DATA FOR THIS TASK Block Start

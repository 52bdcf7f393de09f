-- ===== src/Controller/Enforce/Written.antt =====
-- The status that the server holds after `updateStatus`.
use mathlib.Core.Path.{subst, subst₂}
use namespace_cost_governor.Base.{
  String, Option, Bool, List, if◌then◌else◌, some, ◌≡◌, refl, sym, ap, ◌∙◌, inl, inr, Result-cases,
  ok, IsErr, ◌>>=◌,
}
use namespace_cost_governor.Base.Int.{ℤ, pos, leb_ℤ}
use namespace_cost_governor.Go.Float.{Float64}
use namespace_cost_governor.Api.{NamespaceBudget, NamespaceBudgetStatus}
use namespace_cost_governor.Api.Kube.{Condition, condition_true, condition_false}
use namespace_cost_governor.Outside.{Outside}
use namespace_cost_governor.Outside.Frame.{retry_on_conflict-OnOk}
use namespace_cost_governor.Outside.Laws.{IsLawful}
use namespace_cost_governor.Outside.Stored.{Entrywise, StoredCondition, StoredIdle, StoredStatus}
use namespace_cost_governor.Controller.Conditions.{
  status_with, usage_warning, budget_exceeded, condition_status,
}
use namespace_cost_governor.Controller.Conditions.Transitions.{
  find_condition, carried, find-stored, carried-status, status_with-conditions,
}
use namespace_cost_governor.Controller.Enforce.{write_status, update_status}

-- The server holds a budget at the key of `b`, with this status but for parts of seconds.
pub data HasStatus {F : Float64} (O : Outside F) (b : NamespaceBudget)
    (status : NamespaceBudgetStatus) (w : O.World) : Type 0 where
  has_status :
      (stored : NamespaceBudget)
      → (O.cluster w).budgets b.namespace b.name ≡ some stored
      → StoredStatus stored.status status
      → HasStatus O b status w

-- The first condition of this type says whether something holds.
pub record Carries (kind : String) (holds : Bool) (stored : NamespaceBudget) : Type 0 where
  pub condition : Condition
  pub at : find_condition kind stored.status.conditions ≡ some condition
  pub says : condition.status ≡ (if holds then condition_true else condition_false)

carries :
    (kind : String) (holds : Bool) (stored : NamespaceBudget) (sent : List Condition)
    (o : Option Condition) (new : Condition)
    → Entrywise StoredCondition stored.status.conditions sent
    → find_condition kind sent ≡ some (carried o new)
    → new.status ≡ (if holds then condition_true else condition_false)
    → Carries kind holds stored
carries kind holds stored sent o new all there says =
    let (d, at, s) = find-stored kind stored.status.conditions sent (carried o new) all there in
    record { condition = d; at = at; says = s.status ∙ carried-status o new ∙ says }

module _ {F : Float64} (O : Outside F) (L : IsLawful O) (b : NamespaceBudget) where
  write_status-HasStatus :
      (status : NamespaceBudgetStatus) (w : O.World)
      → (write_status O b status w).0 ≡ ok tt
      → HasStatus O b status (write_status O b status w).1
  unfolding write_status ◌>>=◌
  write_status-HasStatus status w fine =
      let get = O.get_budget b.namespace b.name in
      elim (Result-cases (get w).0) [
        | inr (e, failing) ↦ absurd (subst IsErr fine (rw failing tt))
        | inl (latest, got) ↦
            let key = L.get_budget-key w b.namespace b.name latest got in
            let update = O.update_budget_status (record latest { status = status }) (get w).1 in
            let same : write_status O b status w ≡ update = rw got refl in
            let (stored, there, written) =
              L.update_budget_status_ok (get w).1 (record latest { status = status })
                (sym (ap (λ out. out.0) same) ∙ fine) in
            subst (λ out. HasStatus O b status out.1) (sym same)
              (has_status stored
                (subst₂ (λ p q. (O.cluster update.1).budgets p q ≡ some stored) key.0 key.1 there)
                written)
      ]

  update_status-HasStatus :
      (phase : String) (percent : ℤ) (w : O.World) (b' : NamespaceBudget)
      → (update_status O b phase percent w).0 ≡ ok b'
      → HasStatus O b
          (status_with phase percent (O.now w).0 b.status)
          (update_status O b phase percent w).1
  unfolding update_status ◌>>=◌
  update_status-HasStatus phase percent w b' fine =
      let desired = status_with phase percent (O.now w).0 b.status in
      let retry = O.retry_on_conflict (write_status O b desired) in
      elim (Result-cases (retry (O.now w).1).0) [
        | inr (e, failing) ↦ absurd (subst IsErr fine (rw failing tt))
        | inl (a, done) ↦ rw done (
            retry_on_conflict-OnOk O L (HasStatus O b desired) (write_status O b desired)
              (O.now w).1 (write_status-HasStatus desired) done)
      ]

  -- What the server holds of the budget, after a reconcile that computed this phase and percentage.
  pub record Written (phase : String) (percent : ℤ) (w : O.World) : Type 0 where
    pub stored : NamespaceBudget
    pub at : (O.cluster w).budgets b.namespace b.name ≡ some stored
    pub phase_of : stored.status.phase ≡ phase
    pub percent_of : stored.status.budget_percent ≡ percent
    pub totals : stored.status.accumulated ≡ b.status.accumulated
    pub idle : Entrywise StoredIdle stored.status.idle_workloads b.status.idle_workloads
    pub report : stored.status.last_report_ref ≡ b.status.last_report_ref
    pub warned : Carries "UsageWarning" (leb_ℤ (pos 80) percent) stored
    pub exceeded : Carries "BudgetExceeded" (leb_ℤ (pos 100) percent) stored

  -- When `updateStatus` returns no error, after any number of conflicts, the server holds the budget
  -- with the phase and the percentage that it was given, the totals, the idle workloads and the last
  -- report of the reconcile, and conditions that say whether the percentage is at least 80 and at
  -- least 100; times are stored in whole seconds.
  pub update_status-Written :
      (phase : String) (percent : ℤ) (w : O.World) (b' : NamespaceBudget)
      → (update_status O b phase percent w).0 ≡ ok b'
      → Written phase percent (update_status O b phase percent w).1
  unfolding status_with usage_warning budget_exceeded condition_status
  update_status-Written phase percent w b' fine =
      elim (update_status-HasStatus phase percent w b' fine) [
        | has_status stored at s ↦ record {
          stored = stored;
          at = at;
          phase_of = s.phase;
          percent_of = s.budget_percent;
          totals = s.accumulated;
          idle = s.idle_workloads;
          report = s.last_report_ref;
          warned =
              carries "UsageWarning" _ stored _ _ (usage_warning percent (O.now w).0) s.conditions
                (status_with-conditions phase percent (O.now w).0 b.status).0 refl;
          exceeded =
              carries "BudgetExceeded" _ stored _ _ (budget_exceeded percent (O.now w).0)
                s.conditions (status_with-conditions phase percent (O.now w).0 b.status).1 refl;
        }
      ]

DATA FOR THIS TASK Block End

• _ASSIGNED TASK_: Among the lines of the material, find those holding the word "unfolding" and return them.

• _REPLY TO THE TASK_:
  unfolding write_status ◌>>=◌
  unfolding update_status ◌>>=◌
  unfolding status_with usage_warning budget_exceeded condition_status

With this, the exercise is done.